Figure 3. A DNA Walking Device and a DNA Array-Modifying Device

(a) A DNA Walking Robot. The device consists of brown double helices connected by a flexible linker. It is held to a blue sidewalk by set strands [1]. The rightmost set strand is removed [2] and [3]), and a new set strand attaches the right leg to a new position on the sidewalk. [4]. The same process is repeated in [5] and [6] so that at the end of the walk, the nanorobot has moved one step. The red mark at the bottom of each leg of the walker represents a psoralen molecule that crosslinks the walker to the sidewalk for analytical purposes. (b) A Two-Dimensional Array Capable of Changing Cavity Dimensions. The upper panel shows a schematic strand diagram of the tiles and their incorporation into arrays. The red and purple set strands correspond to a contracted state, while the blue and green set strands correspond to the expanded state. The lower panel shows AFM images that illustrate control of cavity size. The ‘before’ (left), ‘transition’ (center) and ‘after’ (right) states of the array are illustrated in both directions. Reproduced with permission.
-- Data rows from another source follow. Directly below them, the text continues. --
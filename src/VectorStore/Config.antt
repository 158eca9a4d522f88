-- ===== src/VectorStore/Config.antt =====
-- pkg/vectorstore/options.go: the options of a collection and of a batch. An option changes a
-- configuration; a duration is an integer of nanoseconds.
use aixgo.Common.{
  if◌then◌else◌, Bool, true, false, ◌||◌, ◌&&◌, List, [], ◌∷◌, Option, none, some, String,
}
use aixgo.Common.Int.{ℤ, pos, same_ℤ, less_ℤ}
use aixgo.Common.Maps.{Map, insert}
use aixgo.VectorStore.{Floats, Content, Embedding, Value}

pub data IndexType : Type 0 where
  flat_index : IndexType
  hnsw_index : IndexType
  ivf_index : IndexType
  auto_index : IndexType
  other_index : String → IndexType

pub data ConfigError : Type 0 where
  negative_ttl : ConfigError
  threshold_out_of_range : ConfigError
  negative_dimensions : ConfigError
  negative_max_documents : ConfigError
  negative_max_versions : ConfigError
  no_embedding_function : ConfigError
  small_batch_size : ConfigError
  small_parallelism : ConfigError
  negative_max_retries : ConfigError
  negative_retry_delay : ConfigError

-- `time.Second`
abbrev second : ℤ
second = pos 1000000000

-- `n < 0`
abbrev is_negative : ℤ → Bool
is_negative n = less_ℤ n (pos 0)

abbrev is_zero : ℤ → Bool
is_zero n = same_ℤ n (pos 0)

module _ (f : Floats) where
  -- An error of an embedding function stands for its text.
  abbrev pub EmbeddingFunction : Type 0
  EmbeddingFunction = Content → Embedding f × Option String

  pub record CollectionConfig : Type 0 where
    pub ttl : ℤ
    pub enable_deduplication : Bool
    pub deduplication_threshold : f.F
    pub index_type : IndexType
    pub embedding_dimensions : ℤ
    pub auto_generate_embeddings : Bool
    pub embedding_function : Option EmbeddingFunction
    pub scope_required : List String
    pub max_documents : ℤ
    pub enable_versioning : Bool
    pub max_versions : ℤ
    pub enable_audit_log : Bool
    pub metadata : Map (Value f)

  abbrev pub CollectionOption : Type 0
  CollectionOption = CollectionConfig → CollectionConfig

  unfoldable pub with_ttl : ℤ → CollectionOption
  with_ttl ttl c = record c { ttl = ttl }

  pub with_deduplication : Bool → CollectionOption
  with_deduplication enabled c = record c {
    enable_deduplication = enabled;
    deduplication_threshold =
        if enabled && f.same c.deduplication_threshold f.zero_f
        then f.near_one
        else c.deduplication_threshold;
  }

  pub with_deduplication_threshold : f.F → CollectionOption
  with_deduplication_threshold threshold c = record c {
    enable_deduplication = true;
    deduplication_threshold = threshold;
  }

  pub with_indexing : IndexType → CollectionOption
  with_indexing index_type c = record c { index_type = index_type }

  pub with_dimensions : ℤ → CollectionOption
  with_dimensions dimensions c = record c { embedding_dimensions = dimensions }

  pub with_auto_embeddings : EmbeddingFunction → CollectionOption
  with_auto_embeddings fn c = record c {
    auto_generate_embeddings = true;
    embedding_function = some fn;
  }

  pub with_scope : List String → CollectionOption
  with_scope fields c = record c { scope_required = fields }

  pub with_max_documents : ℤ → CollectionOption
  with_max_documents max c = record c { max_documents = max }

  pub with_versioning : Bool → CollectionOption
  with_versioning enabled c = record c { enable_versioning = enabled }

  pub with_max_versions : ℤ → CollectionOption
  with_max_versions max c = record c { enable_versioning = true; max_versions = max }

  pub with_audit_log : Bool → CollectionOption
  with_audit_log enabled c = record c { enable_audit_log = enabled }

  -- `c.Metadata[k] = v` for every entry. A nil map and an empty one are the same here.
  pub add_entries : Map (Value f) → Map (Value f) → Map (Value f)
  add_entries [] metadata = metadata
  add_entries ((k, v) ∷ rest) metadata = add_entries rest (insert k v metadata)

  pub with_metadata : Map (Value f) → CollectionOption
  unfolding add_entries
  with_metadata metadata c = record c { metadata = add_entries metadata c.metadata }

  unfoldable pub apply_each : List CollectionOption → CollectionConfig → CollectionConfig
  apply_each [] c = c
  apply_each (opt ∷ opts) c = apply_each opts (opt c)

  unfoldable pub apply_options : List CollectionOption → CollectionConfig
  unfolding apply_each
  apply_options opts = apply_each opts (record {
    ttl = pos 0;
    enable_deduplication = false;
    deduplication_threshold = f.near_one;
    index_type = auto_index;
    embedding_dimensions = pos 0;
    auto_generate_embeddings = false;
    embedding_function = none;
    scope_required = [];
    max_documents = pos 0;
    enable_versioning = false;
    max_versions = pos 0;
    enable_audit_log = false;
    metadata = [];
  })

  -- `none` is nil; the stores do not call this check.
  pub validate_collection_config : CollectionConfig → Option ConfigError
  validate_collection_config c =
      if is_negative c.ttl
      then some negative_ttl
      else if f.less c.deduplication_threshold f.zero_f || f.less f.one_f c.deduplication_threshold
      then some threshold_out_of_range
      else if is_negative c.embedding_dimensions
      then some negative_dimensions
      else if is_negative c.max_documents
      then some negative_max_documents
      else if is_negative c.max_versions
      then some negative_max_versions
      else if c.auto_generate_embeddings
          && elim c.embedding_function [ none ↦ true | some _ ↦ false ]
      then some no_embedding_function
      else none

-- The progress callback is called with how many documents are processed and how many there are;
-- `has_callback` tells that there is one.
pub record BatchConfig : Type 0 where
  pub batch_size : ℤ
  pub parallelism : ℤ
  pub continue_on_error : Bool
  pub has_callback : Bool
  pub validate_before_batch : Bool
  pub retry_on_error : Bool
  pub max_retries : ℤ
  pub retry_delay : ℤ

abbrev pub BatchOption : Type 0
BatchOption = BatchConfig → BatchConfig

unfoldable pub with_batch_size : ℤ → BatchOption
with_batch_size size c = record c { batch_size = size }

pub with_parallelism : ℤ → BatchOption
with_parallelism n c = record c { parallelism = n }

unfoldable pub with_continue_on_error : Bool → BatchOption
with_continue_on_error enabled c = record c { continue_on_error = enabled }

pub with_progress_callback : BatchOption
with_progress_callback c = record c { has_callback = true }

pub with_validation : Bool → BatchOption
with_validation enabled c = record c { validate_before_batch = enabled }

pub with_retry : Bool → BatchOption
with_retry enabled c = record c {
  retry_on_error = enabled;
  max_retries = if enabled && is_zero c.max_retries then pos 3 else c.max_retries;
  retry_delay = if enabled && is_zero c.retry_delay then second else c.retry_delay;
}

pub with_max_retries : ℤ → BatchOption
with_max_retries max c = record c {
  retry_on_error = true;
  max_retries = max;
  retry_delay = if is_zero c.retry_delay then second else c.retry_delay;
}

pub with_retry_delay : ℤ → BatchOption
with_retry_delay delay c = record c {
  retry_on_error = true;
  retry_delay = delay;
  max_retries = if is_zero c.max_retries then pos 3 else c.max_retries;
}

pub apply_each_batch : List BatchOption → BatchConfig → BatchConfig
apply_each_batch [] c = c
apply_each_batch (opt ∷ opts) c = apply_each_batch opts (opt c)

unfoldable pub apply_batch_options : List BatchOption → BatchConfig
unfolding apply_each_batch
apply_batch_options opts = apply_each_batch opts (record {
  batch_size = pos 100;
  parallelism = pos 1;
  continue_on_error = true;
  has_callback = false;
  validate_before_batch = false;
  retry_on_error = false;
  max_retries = pos 3;
  retry_delay = second;
})

-- The batches do not call this check either.
pub validate_batch_config : BatchConfig → Option ConfigError
validate_batch_config c =
    if less_ℤ c.batch_size (pos 1)
    then some small_batch_size
    else if less_ℤ c.parallelism (pos 1)
    then some small_parallelism
    else if is_negative c.max_retries
    then some negative_max_retries
    else if is_negative c.retry_delay
    then some negative_retry_delay
    else none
Figure 4. Advanced DNA Machines

(a) A DNA-Stress Gauge. A DNA-distorting protein (IHF in this case) binds to the upper domain of a DNA device. The central shaft, connects two three-domain double helical motifs (TX motifs), and it contains the binding site for IHF. When IHF binds, it distorts the upper helix. The TX motifs are also held together by sticky ends that must be disrupted for the protein to bind. By titrating the strength of the sticky ends, it is possible to estimate that amount of work that the protein can derive from binding to its recognition site. The green and red circles represent a pair of dyes to monitor the state of the system by FRET. (b) An Autonomous DNA Machine. The machine consists of a DNAzyme that can bind and cleave a piece of RNA; when it binds, the machine is in the open state (upper left). Following cleavage (upper right), the products dissociate from the device (middle). However, another RNA strand can bind and restore the machine to the open state. The state of the machine is monitored by FRET, using the dyes represented by filled circles. An additional sophistication to this device is the ability to apply a brake to the system. This is shown as the green strand, made of DNA, which can block the site, but which can be removed by a complementary strand (light blue). Reproduced with permission.